Counter Strike D - Modern Arnis - GM Remy A Presas.


----------



## MJS (Oct 22, 2014)

Mighty.Panda said:


> Soooo I've never actually seen this 'strike' used in any kind of training or in real sparring etc but it seems to crop up a lot in movies/television. I guess it's a kind of throat strike with the flesh/muscle in-between the thumb and index finger. I just ponder the question every time I see it on tv really.




Yes, it's a legit strike. No, you most likely will not see it during any sparring sessions, mainly because the target is the throat.  Typically, it's called a web hand strike, although I'm sure there are other names for it as well.


----------



## Buka (Oct 22, 2014)

That can be a nasty bastard of a strike. We used to call it a "Give me back that cookie strike:"


----------



## Danny T (Oct 22, 2014)

Certainly can be utilized as a strike to the throat or philtrum, often is a limb control or parry.


----------



## tshadowchaser (Oct 22, 2014)

I have seen it in forms and I know that back in the day it was used in sparring but with extreme control.  Some times it is still used in sparring but only when the no contact rule is applied to the technique.


----------



## K-man (Oct 22, 2014)

Also present in Goju kata as a strike to the trachea. As others have said, a very nasty strike. There is a variation of this taught in Japanese Goju that is even more nasty, if that is possible.
:asian:


----------



## RTKDCMB (Oct 22, 2014)

Mighty.Panda said:


> Soooo I've never actually seen this 'strike' used in any kind of training or in real sparring etc but it seems to crop up a lot in movies/television. I guess it's a kind of throat strike with the flesh/muscle in-between the thumb and index finger. I just ponder the question every time I see it on tv really.
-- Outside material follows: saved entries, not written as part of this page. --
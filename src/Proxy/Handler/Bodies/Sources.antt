-- ===== src/Proxy/Handler/Bodies/Sources.antt =====
-- Where the body of an answer of `Proxy` comes from.
use aniraku_backend.Proxy.Handler.Gates.{proxy-Passes}
use aniraku_backend.Proxy.Upstreams.{
  refuses-Admissible, outcome_cases, unreachable-Told, refuses-Told,
}
use aniraku_backend.Base.{
  ltb, Bool-cases, Option-cases, branch, Text, codes, text_eq, text_eq_iff, Dict, lookup, delete,
  ◌-◌, ◌≡◌, refl, sym, ap, ◌∙◌, inl, inr, arith,
}
use aniraku_backend.Proxy.Answer.{nothing, Answer, fresh_answer, respond_error}
use aniraku_backend.Proxy.Serve.{
  Shared, Url, Request, Course, key_ttl, key_path, refuses, fetch, shed,
}
use aniraku_backend.Streaming.VodCache.{VodCacheEntry, vod_cache_get}
use aniraku_backend.Proxy.Allowlist.{host_gate}
use aniraku_backend.Proxy.Handler.{
  Library, lower_text, cache_key_url, target_url, serve_rewritten_playlist, fill_held, fill,
  through_keys, through_playlists, proxy,
}
use aniraku_backend.Proxy.Handler.Bodies.{
  Source, told, headed, kept_playlist, kept_key, fetched, fetch-reply, deliver-Made,
}

module _ (lib : Library) (c : Course) (r : Request) where
  fill_held-Source :
      (url : Text) (u : Url) (path key : Text) (a : Answer) (s known : Shared)
      → Source lib c r url known (fill_held lib c r url u path key a s).1
  unfolding fill_held
  fill_held-Source url u path key a s known =
      elim (outcome_cases (fetch c r u path s.memo).outcome) [
        | inl (e, broken) ↦
            let (text, same) = unreachable-Told e a in rw (broken, fill_held) (told text same)
        | inr (up, came) ↦ elim (Option-cases (refuses up.status a)) [
          | inr (b, refused) ↦
              let (text, same) = refuses-Told up.status a b refused in
              rw (came, refused, fill_held) (told text same)
          | inl fine ↦
              let (k, t, sent) = fetch-reply lib c r u path s.memo up came in
              rw (came, fine, fill_held)
                (elim (deliver-Made lib c r url path (lower_text lib u.raw_query) key up a
                  (record s { memo = (fetch c r u path s.memo).memo })) [
                    | inl (text, same) ↦ told text same
                    | inr made ↦ fetched k t up sent (refuses-Admissible up.status a fine) made
                  ])
        ]
      ]

  fill-Source :
      (url : Text) (u : Url) (path key : Text) (a : Answer) (s known : Shared)
      → Source lib c r url known (fill lib c r url u path key a s).1
  unfolding fill shed respond_error
  fill-Source url u path key a s known =
      branch (λ (out : Shared × Answer). Source lib c r url known out.1) c.admitted _ _
        (fill_held-Source url u path key a s known) (told _ refl)

  through_keys-Source :
      (url : Text) (u : Url) (path : Text) (a : Answer) (s known : Shared)
      → s.keys ≡ known.keys
      → Source lib c r url known (through_keys lib c r url u path a s).1
  unfolding through_keys
  through_keys-Source url u path a s known same = elim (Bool-cases (key_path path)) [
    | inr other ↦ rw other (fill-Source url u path (cache_key_url lib url) a s known)
    | inl key ↦ elim (Option-cases (lookup (cache_key_url lib url) s.keys)) [
      | inl missing ↦
          rw (key, missing, through_keys) (fill-Source url u path (cache_key_url lib url) a s known)
      | inr (e, found) ↦ elim (Bool-cases (ltb (c.now - e.fetched_at) key_ttl)) [
        | inl fresh ↦
            rw (key, found, fresh, through_keys)
              (kept_key e (ap (lookup (cache_key_url lib url)) (sym same) ∙ found)
                (ground (arith, fresh)) refl)
        | inr old ↦
            rw (key, found, old, through_keys)
              (fill-Source url u path (cache_key_url lib url) a
                (record s { keys = delete (cache_key_url lib url) s.keys }) known)
      ]
    ]
  ]

  through_playlists-Source :
      (url : Text) (u : Url) (path : Text) (a : Answer) (s known : Shared)
      → s.keys ≡ known.keys
      → s.playlists ≡ known.playlists
      → a.body ≡ nothing
      → Source lib c r url known (through_playlists lib c r url u path a s).1
  unfolding through_playlists serve_rewritten_playlist
  through_playlists-Source url u path a s known keys lists bare =
      elim (Option-cases (vod_cache_get url c.now s.playlists).1) [
        | inl missed ↦
            rw (missed, through_playlists)
              (through_keys-Source url u path a
                (record s { playlists = (vod_cache_get url c.now s.playlists).0 }) known keys)
        | inr (raw, hit) ↦
            let known_hit =
              ap (λ (m : Dict VodCacheEntry). (vod_cache_get url c.now m).1) (sym lists) ∙ hit in
            let is_head = text_eq_iff r.method (codes "HEAD") in
            elim (Bool-cases (text_eq r.method (codes "HEAD"))) [
              | inl head ↦
                  rw (hit, head, through_playlists)
                    (headed raw (ground (arith, is_head, head)) known_hit bare)
              | inr get ↦
                  rw (hit, get, through_playlists)
                    (kept_playlist raw s.learned (ground (arith, is_head, get)) known_hit refl)
            ]
      ]

  -- The body of every answer of the media proxy is an error text; nothing, where the request is a
  -- HEAD and a playlist is kept for exactly this address; that playlist, rewritten, where the
  -- request is no HEAD; the key kept for the address less than five minutes; or it is made from the
  -- front of what a transport got for this request with a status that is no redirect and none of
  -- 403, 429, 502 and 503: relayed, as a key where the status is 200, or as a playlist, rewritten,
  -- where it is 200 or 206.
  pub proxy-Source : (s : Shared) → Source lib c r (target_url lib r) s (proxy lib c r s).1
  unfolding fresh_answer
  proxy-Source s = elim (proxy-Passes lib c r s) [
    | inl refused ↦ told refused.said.0 refused.said.1
    | inr (u, ok, same) ↦ rw same (
        through_playlists-Source (target_url lib r) u (lower_text lib u.path) _
          (record s {
            learned =
                (host_gate lib.lower_other lib.parse_ip lib.cdn_env u.hostname c.now s.learned).0;
          })
          s refl refl refl)
  ]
It's called an arc hand strike, but usually all the fingers (excluding the thumb) are closed. It's primary target is the throat but it can be used to strike the wrist and in certain blocks such as the U-shaped block and double arc hand blocks. The hand position can also be used in basic forearm/knife hand blocks to facilitate a quick wrist grab. It's probably one of the hardest techniques to practice on a pad, not because it is difficult to do but because most pads have the wrong shape although you could practice it on a pool noodle. You will see it more in step sparring than free sparring.


----------



## yak sao (Oct 22, 2014)

In CMA, at least the ones I've trained in, we call that portion of the hand the tiger's mouth.


----------



## Touch Of Death (Oct 22, 2014)

Not that I use this weapon, but I would sooner use that to attack the nose than the accepted method of heel palming. If the guy rears his head back even slightly, you get an heel palm full of teeth. Just a thought.


----------



## Hanzou (Oct 22, 2014)

Looks like a great way to break your fingers.


----------



## Touch Of Death (Oct 22, 2014)

Hanzou said:


> Looks like a great way to break your fingers.


I don't know about that.


----------



## Daniel Sullivan (Oct 22, 2014)

Hanzou said:


> Looks like a great way to break your fingers.



It certainly should not be done with the fingers splayed like that.


----------



## Dirty Dog (Oct 22, 2014)

Guys... The picture is so he could draw a circle around the striking surface. Not to show the technique. 
Correct hand position could be described as "holding a coke can". 


Sent from an old fashioned 300 baud acoustic modem by whistling into the handset. Really.


----------



## drop bear (Oct 22, 2014)

I have done it to people. It is a bit of fun. Never hurt my hand.


----------



## Kung Fu Wang (Oct 22, 2014)

Hanzou said:


> Looks like a great way to break your fingers.



That's why when you apply "tiger mouth", your other 4 fingers should touch together as a "clay tile roof" and also keep that "tiger mouth" in a smooth curve as if you are holding your opponent's throat.


----------



## Daniel Sullivan (Oct 22, 2014)

Here is Koryo Pumse. After he does the two lines to the side, he performs this one twice when going "north." It's a head on view.


----------



## K-man (Oct 22, 2014)

Hanzou said:


> Looks like a great way to break your fingers.


Not a chance. The hand has the same structure as a properly aligned fist.



drop bear said:


> I have done it to people. It is a bit of fun. Never hurt my hand.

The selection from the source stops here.